## Task item
Starting at the line below holding "cert ≡ ok pem" and stopping at the line holding "text), e) ↦", print every line exactly, both ends included, and leave the rest out.

[Start of section]

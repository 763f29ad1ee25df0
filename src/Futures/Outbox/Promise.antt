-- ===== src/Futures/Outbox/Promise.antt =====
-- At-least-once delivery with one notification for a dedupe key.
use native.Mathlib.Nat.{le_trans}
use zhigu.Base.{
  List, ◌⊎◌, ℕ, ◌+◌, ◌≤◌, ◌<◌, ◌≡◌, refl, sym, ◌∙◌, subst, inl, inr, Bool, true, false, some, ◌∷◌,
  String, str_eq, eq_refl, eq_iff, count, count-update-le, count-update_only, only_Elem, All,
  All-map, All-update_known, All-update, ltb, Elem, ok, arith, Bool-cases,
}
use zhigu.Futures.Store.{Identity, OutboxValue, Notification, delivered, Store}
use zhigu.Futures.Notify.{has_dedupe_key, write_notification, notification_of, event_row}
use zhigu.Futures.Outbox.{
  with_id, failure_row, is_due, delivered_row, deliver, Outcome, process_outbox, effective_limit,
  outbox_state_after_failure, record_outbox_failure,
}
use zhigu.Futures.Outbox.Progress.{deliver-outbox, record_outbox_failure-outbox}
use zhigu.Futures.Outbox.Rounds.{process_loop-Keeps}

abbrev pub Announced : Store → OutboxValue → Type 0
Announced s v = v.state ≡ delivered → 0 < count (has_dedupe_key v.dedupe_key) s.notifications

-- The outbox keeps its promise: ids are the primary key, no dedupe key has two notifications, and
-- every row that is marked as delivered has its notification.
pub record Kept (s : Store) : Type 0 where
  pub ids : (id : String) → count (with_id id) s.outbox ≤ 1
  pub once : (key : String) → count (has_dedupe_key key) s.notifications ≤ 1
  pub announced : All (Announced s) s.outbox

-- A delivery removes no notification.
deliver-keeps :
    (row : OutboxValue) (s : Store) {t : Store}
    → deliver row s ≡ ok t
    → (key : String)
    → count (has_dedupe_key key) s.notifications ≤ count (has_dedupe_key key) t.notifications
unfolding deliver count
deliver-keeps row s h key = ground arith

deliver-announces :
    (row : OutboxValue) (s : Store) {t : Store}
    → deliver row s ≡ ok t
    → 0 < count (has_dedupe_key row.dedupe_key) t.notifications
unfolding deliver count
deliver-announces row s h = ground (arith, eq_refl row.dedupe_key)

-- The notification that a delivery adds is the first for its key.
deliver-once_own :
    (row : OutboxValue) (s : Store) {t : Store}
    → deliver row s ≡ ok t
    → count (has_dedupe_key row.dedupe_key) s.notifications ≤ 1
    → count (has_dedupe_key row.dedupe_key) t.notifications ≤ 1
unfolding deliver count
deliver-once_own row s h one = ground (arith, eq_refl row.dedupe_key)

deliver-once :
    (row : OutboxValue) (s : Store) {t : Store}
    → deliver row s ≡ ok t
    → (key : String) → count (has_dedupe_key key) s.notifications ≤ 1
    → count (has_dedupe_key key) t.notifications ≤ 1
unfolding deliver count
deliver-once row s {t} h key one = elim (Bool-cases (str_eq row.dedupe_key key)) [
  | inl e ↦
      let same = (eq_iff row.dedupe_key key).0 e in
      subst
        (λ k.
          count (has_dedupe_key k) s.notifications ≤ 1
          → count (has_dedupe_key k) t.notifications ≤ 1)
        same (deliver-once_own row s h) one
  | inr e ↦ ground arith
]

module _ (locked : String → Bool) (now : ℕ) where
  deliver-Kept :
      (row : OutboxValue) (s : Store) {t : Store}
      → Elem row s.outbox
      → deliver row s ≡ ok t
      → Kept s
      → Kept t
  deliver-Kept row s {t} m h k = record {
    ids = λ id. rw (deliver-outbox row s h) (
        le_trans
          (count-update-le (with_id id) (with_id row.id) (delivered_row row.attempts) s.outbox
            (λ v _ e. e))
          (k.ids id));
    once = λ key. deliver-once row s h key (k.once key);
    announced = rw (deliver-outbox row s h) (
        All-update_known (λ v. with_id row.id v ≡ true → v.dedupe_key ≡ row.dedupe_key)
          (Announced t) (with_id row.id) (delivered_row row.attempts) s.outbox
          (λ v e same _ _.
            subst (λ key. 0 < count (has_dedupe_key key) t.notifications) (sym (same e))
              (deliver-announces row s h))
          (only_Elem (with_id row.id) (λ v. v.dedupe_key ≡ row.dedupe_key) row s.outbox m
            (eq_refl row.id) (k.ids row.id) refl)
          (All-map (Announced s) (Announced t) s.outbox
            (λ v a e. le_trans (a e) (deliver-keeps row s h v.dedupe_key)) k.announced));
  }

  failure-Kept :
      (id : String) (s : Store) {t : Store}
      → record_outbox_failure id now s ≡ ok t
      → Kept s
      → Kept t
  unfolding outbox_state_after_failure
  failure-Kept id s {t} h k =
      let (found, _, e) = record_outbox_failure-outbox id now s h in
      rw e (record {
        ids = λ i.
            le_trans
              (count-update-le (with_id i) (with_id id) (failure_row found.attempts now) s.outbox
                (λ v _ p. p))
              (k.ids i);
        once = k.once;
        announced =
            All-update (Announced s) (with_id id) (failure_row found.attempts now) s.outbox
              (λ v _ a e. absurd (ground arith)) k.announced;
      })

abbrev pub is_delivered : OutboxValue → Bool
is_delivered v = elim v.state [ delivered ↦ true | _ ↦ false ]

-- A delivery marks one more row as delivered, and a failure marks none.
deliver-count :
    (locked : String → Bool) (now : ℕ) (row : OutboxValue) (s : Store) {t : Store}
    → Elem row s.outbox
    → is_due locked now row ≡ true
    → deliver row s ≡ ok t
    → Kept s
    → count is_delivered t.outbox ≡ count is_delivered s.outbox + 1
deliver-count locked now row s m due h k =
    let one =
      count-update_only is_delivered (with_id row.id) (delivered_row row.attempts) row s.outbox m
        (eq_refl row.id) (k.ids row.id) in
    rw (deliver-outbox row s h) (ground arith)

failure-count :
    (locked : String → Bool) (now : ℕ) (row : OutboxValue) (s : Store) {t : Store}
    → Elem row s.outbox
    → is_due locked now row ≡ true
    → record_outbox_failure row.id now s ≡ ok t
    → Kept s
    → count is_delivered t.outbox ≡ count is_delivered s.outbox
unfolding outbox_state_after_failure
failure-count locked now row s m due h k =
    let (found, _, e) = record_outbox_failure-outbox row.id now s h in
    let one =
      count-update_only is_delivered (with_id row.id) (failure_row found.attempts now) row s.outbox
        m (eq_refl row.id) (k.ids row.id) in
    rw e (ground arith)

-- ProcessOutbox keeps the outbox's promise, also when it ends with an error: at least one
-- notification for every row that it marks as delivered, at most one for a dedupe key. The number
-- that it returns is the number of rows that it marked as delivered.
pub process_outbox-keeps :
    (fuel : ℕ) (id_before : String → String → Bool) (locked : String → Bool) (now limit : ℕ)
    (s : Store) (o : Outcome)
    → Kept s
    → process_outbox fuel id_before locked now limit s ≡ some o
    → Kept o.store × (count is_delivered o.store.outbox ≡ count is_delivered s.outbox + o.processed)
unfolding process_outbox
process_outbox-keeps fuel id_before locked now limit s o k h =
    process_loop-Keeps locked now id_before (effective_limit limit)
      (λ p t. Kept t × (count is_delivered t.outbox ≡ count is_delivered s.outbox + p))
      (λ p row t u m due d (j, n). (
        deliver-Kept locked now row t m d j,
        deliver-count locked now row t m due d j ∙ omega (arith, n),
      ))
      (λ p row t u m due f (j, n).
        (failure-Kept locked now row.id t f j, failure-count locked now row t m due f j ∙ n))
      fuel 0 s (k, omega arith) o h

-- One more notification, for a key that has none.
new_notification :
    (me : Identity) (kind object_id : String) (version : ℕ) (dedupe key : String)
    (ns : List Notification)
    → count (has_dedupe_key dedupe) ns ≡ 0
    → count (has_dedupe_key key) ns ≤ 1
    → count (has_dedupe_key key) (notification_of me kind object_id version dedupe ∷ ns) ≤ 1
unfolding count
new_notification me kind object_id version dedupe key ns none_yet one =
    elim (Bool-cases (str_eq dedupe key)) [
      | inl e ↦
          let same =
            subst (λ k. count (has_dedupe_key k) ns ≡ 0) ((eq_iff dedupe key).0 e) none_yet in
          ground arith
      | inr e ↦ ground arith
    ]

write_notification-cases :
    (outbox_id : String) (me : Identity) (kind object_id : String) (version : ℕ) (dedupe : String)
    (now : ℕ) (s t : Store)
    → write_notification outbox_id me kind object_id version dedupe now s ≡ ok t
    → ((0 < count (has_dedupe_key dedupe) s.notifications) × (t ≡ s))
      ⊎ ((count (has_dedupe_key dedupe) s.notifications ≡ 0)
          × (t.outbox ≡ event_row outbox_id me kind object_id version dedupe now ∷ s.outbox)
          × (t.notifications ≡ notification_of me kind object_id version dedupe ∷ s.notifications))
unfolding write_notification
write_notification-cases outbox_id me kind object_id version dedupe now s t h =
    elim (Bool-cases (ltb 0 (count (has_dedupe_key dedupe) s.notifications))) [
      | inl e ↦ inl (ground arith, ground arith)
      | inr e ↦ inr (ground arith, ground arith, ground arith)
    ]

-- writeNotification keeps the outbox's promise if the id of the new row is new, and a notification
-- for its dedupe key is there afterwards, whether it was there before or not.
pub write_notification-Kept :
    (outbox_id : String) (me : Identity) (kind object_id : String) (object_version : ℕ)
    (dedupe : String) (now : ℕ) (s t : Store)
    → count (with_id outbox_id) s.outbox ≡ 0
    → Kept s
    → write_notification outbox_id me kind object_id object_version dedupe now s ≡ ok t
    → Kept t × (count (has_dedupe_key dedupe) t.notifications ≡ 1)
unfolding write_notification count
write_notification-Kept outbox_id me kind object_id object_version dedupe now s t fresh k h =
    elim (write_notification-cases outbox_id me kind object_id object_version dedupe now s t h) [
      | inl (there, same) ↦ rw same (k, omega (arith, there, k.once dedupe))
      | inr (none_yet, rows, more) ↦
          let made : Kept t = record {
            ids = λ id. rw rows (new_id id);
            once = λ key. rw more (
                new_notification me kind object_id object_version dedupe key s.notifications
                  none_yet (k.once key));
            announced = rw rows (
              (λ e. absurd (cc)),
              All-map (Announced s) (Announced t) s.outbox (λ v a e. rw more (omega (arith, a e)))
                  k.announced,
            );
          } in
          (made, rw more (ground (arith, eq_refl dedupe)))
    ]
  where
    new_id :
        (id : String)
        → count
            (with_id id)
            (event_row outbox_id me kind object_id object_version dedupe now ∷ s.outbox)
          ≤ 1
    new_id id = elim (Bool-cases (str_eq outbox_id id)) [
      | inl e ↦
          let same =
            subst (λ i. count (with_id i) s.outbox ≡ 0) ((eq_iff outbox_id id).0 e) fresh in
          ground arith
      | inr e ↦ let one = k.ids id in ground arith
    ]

[End of section]
[Start of section]

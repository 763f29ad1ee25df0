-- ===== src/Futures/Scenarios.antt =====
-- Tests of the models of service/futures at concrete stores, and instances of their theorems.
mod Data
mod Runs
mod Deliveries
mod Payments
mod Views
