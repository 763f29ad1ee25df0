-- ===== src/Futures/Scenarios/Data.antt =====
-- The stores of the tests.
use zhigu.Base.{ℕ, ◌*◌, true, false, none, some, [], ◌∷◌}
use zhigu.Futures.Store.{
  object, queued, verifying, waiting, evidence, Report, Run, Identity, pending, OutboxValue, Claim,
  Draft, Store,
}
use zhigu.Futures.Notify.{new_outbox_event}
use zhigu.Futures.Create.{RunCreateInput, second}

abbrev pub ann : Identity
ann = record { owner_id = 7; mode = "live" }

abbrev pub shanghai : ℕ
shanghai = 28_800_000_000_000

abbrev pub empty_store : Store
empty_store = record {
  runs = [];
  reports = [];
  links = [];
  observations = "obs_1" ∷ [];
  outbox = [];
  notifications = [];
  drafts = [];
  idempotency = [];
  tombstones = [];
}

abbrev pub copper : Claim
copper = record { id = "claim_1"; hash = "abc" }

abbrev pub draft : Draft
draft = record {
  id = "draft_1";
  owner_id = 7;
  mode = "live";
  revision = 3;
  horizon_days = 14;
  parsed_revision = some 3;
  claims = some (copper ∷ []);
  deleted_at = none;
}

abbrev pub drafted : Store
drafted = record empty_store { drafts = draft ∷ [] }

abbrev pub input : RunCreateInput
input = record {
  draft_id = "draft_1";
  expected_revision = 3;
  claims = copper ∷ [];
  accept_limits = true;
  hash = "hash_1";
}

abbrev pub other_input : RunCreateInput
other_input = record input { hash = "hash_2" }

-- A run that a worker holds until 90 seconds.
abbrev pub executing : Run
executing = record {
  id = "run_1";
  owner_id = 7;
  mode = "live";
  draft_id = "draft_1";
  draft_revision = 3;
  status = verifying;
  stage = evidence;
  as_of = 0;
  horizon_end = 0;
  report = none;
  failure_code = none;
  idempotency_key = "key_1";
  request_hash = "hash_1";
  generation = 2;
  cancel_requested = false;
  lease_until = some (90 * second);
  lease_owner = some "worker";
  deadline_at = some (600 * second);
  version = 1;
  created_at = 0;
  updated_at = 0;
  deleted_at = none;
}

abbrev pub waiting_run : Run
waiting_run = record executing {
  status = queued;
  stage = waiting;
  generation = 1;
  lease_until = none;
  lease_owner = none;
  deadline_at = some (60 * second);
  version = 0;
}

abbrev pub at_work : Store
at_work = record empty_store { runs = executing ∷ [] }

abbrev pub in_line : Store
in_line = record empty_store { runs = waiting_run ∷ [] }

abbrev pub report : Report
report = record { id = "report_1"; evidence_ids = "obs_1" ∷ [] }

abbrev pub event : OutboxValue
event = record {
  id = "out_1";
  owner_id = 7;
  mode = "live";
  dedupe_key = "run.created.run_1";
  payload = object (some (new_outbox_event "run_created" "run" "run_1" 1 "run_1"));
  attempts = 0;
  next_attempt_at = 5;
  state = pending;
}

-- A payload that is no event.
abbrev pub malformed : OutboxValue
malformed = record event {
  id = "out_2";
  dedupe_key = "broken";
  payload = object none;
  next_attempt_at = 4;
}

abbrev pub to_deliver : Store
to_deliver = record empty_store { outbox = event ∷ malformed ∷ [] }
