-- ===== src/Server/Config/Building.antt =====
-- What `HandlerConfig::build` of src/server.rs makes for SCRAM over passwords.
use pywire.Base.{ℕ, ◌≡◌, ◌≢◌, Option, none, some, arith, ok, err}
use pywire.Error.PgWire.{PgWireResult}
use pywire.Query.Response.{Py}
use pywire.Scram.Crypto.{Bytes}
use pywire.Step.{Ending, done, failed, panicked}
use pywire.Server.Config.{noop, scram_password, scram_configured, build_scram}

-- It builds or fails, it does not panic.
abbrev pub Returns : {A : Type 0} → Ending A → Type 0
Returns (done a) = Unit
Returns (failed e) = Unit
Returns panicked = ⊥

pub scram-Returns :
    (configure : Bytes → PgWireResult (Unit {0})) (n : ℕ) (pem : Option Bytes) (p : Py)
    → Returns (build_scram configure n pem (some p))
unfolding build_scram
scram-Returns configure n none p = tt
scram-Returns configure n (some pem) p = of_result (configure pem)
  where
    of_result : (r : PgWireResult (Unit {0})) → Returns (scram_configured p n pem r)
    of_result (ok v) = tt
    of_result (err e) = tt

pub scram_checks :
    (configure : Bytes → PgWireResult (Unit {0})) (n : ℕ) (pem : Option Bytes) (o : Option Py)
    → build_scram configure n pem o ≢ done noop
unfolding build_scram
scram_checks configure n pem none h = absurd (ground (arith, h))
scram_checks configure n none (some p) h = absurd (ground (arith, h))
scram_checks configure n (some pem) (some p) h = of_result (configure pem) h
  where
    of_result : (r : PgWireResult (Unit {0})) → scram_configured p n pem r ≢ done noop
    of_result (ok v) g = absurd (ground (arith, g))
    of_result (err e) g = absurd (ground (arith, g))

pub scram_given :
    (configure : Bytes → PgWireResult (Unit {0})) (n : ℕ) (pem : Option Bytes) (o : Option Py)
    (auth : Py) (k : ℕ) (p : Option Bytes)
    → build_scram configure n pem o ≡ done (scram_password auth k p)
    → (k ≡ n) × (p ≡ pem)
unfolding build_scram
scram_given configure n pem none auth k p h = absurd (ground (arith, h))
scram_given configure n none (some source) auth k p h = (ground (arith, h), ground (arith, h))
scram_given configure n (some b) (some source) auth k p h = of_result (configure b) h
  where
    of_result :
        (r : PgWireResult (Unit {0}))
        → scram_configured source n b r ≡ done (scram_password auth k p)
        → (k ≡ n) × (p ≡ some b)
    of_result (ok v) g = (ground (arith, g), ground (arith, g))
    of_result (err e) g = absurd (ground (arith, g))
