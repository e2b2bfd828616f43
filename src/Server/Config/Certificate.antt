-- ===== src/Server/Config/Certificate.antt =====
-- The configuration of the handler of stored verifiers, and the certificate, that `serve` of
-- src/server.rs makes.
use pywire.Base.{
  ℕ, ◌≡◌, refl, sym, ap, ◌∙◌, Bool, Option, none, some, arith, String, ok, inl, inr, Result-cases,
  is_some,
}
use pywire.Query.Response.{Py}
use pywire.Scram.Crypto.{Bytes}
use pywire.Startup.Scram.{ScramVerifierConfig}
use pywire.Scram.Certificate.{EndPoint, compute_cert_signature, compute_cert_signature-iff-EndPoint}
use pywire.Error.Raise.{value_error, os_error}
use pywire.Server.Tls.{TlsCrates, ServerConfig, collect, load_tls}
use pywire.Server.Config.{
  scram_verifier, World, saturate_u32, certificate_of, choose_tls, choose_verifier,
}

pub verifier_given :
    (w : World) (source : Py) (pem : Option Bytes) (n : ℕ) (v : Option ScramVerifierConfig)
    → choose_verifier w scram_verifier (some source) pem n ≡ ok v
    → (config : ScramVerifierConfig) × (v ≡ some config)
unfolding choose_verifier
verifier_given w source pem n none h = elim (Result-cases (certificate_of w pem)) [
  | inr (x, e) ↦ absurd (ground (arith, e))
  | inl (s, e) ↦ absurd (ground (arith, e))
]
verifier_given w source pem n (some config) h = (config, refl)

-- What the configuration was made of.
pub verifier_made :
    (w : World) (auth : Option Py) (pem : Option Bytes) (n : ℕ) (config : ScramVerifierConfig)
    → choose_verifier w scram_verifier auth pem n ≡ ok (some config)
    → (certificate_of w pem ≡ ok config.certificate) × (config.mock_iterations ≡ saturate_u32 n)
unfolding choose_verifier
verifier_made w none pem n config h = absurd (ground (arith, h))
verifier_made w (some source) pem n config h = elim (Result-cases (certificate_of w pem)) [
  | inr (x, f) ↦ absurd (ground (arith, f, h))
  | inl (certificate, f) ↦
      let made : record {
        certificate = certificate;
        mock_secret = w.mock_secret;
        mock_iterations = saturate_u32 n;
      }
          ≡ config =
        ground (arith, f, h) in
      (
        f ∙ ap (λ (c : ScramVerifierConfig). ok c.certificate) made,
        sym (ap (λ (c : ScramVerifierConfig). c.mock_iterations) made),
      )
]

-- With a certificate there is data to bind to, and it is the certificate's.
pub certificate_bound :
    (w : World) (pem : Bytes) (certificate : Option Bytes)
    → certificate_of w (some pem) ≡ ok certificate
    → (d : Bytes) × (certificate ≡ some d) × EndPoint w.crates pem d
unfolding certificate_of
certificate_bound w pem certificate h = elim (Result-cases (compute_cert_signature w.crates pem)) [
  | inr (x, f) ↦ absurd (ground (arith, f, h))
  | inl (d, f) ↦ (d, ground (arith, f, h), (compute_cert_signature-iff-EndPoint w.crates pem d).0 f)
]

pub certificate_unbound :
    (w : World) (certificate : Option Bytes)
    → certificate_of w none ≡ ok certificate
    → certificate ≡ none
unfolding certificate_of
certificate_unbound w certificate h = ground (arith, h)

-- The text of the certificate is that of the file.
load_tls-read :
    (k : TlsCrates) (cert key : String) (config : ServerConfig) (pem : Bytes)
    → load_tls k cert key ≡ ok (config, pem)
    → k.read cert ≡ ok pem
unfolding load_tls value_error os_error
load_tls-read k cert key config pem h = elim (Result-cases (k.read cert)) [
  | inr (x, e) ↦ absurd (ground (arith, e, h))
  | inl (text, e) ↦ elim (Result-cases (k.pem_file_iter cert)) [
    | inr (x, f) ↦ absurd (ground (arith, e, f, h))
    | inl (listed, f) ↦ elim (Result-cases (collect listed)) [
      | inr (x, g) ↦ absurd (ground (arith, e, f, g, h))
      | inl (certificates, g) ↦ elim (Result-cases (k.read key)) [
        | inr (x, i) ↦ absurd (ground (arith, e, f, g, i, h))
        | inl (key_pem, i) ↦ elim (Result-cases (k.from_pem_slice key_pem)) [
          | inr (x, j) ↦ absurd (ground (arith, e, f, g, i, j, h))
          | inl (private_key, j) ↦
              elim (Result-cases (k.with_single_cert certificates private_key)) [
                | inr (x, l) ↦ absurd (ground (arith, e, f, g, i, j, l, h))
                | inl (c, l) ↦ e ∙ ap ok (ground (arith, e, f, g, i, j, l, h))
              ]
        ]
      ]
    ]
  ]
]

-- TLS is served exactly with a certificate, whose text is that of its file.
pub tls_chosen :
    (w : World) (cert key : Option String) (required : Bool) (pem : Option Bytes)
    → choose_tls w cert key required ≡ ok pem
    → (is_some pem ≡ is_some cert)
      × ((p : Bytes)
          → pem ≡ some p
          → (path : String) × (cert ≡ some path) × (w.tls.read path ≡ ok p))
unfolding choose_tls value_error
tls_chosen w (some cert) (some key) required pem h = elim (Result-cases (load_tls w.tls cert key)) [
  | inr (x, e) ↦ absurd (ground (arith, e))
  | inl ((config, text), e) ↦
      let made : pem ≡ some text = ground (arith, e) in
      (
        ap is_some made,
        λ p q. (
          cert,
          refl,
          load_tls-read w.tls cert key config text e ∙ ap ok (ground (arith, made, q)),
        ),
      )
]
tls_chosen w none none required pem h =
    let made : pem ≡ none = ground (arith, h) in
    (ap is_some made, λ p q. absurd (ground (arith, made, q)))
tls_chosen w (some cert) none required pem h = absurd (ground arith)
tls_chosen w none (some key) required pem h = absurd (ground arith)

[End of section]

## Reply to the exercise
    → k.read cert ≡ ok pem
unfolding load_tls value_error os_error
load_tls-read k cert key config pem h = elim (Result-cases (k.read cert)) [
  | inr (x, e) ↦ absurd (ground (arith, e, h))
  | inl (text, e) ↦ elim (Result-cases (k.pem_file_iter cert)) [
    | inr (x, f) ↦ absurd (ground (arith, e, f, h))
    | inl (listed, f) ↦ elim (Result-cases (collect listed)) [
      | inr (x, g) ↦ absurd (ground (arith, e, f, g, h))
      | inl (certificates, g) ↦ elim (Result-cases (k.read key)) [
        | inr (x, i) ↦ absurd (ground (arith, e, f, g, i, h))
        | inl (key_pem, i) ↦ elim (Result-cases (k.from_pem_slice key_pem)) [
          | inr (x, j) ↦ absurd (ground (arith, e, f, g, i, j, h))
          | inl (private_key, j) ↦
              elim (Result-cases (k.with_single_cert certificates private_key)) [
                | inr (x, l) ↦ absurd (ground (arith, e, f, g, i, j, l, h))
                | inl (c, l) ↦ e ∙ ap ok (ground (arith, e, f, g, i, j, l, h))
              ]
        ]
      ]
    ]
  ]
]

-- TLS is served exactly with a certificate, whose text is that of its file.
pub tls_chosen :
    (w : World) (cert key : Option String) (required : Bool) (pem : Option Bytes)
    → choose_tls w cert key required ≡ ok pem
    → (is_some pem ≡ is_some cert)
      × ((p : Bytes)
          → pem ≡ some p
          → (path : String) × (cert ≡ some path) × (w.tls.read path ≡ ok p))
unfolding choose_tls value_error
tls_chosen w (some cert) (some key) required pem h = elim (Result-cases (load_tls w.tls cert key)) [
  | inr (x, e) ↦ absurd (ground (arith, e))
  | inl ((config, text), e) ↦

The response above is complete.